▶ What the exercise asks
The stretch wanted below opens at the line containing "spec_run (n ∷" and closes at the line containing "AllNear s (n". Please return it exactly, with no other lines.
Segment Start: Data to process
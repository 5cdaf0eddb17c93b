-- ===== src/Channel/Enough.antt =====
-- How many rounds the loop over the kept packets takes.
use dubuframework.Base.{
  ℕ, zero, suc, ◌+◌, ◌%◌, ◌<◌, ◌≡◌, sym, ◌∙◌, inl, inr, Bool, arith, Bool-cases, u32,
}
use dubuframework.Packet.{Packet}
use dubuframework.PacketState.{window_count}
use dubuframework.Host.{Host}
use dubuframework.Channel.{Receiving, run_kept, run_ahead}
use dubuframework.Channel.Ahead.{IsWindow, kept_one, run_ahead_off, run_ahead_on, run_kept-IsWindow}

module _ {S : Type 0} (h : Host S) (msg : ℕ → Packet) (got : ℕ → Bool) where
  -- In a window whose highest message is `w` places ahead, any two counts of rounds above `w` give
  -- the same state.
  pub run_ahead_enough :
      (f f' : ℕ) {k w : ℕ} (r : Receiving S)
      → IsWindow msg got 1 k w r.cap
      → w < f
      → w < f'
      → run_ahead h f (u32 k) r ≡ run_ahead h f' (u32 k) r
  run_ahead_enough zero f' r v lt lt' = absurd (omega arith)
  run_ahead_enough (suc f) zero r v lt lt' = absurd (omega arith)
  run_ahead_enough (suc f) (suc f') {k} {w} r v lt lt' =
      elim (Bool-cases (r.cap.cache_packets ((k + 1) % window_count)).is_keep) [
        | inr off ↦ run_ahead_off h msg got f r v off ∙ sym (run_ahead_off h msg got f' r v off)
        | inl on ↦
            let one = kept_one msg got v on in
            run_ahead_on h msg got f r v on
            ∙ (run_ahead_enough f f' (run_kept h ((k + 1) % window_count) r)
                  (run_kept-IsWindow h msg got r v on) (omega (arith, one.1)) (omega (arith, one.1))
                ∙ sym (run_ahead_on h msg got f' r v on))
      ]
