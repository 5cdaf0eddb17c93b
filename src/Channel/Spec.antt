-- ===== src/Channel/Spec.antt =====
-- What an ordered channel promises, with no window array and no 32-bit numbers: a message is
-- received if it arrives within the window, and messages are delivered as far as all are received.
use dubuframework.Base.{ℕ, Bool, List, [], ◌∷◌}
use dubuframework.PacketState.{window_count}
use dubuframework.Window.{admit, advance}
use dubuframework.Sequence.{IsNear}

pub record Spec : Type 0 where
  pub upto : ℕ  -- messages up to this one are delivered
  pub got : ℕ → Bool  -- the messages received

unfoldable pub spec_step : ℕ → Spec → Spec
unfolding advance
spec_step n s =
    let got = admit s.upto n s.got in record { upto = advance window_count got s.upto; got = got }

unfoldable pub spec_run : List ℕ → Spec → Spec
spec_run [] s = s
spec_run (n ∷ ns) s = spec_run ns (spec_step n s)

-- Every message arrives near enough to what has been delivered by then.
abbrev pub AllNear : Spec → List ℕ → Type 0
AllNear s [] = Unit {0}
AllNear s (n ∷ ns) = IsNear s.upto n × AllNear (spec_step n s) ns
Segment End: Data to process
Segment Start: Data to process
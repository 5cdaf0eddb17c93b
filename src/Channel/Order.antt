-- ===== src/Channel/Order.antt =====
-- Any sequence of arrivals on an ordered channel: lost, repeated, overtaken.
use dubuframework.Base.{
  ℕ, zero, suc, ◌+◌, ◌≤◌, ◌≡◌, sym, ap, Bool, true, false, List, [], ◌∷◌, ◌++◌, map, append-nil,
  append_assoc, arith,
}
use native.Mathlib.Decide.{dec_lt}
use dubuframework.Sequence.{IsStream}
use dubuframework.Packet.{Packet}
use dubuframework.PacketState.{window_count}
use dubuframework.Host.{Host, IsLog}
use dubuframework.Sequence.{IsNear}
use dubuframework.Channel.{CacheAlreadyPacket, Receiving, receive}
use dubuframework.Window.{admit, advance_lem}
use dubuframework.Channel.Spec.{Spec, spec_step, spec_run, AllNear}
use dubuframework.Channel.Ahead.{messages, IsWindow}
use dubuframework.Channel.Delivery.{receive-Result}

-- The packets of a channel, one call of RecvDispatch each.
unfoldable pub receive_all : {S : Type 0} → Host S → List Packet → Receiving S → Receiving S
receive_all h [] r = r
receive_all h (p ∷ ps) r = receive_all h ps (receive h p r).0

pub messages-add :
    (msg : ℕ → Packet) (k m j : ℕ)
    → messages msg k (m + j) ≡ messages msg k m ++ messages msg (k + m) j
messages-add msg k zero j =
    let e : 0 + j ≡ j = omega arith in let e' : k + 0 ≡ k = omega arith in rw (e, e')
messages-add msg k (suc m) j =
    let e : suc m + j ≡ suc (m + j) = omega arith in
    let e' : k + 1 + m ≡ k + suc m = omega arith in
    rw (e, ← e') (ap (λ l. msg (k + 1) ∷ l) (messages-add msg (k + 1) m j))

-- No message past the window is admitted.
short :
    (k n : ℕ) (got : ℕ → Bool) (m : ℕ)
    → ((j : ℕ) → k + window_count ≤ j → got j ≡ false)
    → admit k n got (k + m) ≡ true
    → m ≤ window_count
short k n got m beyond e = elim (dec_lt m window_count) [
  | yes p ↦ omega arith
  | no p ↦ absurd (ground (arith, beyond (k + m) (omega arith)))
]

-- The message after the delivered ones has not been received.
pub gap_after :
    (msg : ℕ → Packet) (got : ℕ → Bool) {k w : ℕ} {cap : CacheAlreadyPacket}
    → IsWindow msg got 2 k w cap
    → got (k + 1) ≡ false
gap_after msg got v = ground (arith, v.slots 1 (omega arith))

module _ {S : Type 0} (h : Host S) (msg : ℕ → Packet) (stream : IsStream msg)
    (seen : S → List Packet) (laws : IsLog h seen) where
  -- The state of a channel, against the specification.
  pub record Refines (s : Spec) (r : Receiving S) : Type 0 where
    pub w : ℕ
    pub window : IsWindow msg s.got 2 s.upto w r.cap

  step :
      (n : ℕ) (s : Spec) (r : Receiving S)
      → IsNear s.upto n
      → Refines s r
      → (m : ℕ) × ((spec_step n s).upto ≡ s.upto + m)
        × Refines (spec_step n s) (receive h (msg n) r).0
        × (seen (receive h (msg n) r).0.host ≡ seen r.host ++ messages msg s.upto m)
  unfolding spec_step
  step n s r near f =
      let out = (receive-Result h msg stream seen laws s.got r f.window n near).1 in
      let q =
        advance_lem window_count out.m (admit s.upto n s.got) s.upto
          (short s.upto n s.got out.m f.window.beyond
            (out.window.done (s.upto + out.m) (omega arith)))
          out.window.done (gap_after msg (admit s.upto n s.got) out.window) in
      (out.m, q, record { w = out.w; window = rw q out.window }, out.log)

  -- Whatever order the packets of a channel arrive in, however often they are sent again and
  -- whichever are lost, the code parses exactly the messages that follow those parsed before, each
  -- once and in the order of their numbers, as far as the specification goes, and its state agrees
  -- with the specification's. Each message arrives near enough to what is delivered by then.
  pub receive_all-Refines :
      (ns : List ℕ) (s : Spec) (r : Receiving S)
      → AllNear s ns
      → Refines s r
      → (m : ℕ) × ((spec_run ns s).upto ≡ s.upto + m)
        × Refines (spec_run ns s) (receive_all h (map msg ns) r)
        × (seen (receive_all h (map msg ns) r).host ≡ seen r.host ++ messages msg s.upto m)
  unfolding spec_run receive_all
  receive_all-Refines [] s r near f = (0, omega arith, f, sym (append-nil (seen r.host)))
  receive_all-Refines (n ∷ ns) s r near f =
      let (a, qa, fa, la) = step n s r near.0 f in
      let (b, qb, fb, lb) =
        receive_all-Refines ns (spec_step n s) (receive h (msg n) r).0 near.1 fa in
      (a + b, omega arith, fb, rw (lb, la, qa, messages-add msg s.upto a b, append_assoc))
Segment End: Data to process
▶ Answer box
spec_run (n ∷ ns) s = spec_run ns (spec_step n s)

-- Every message arrives near enough to what has been delivered by then.
abbrev pub AllNear : Spec → List ℕ → Type 0
AllNear s [] = Unit {0}
AllNear s (n ∷ ns) = IsNear s.upto n × AllNear (spec_step n s) ns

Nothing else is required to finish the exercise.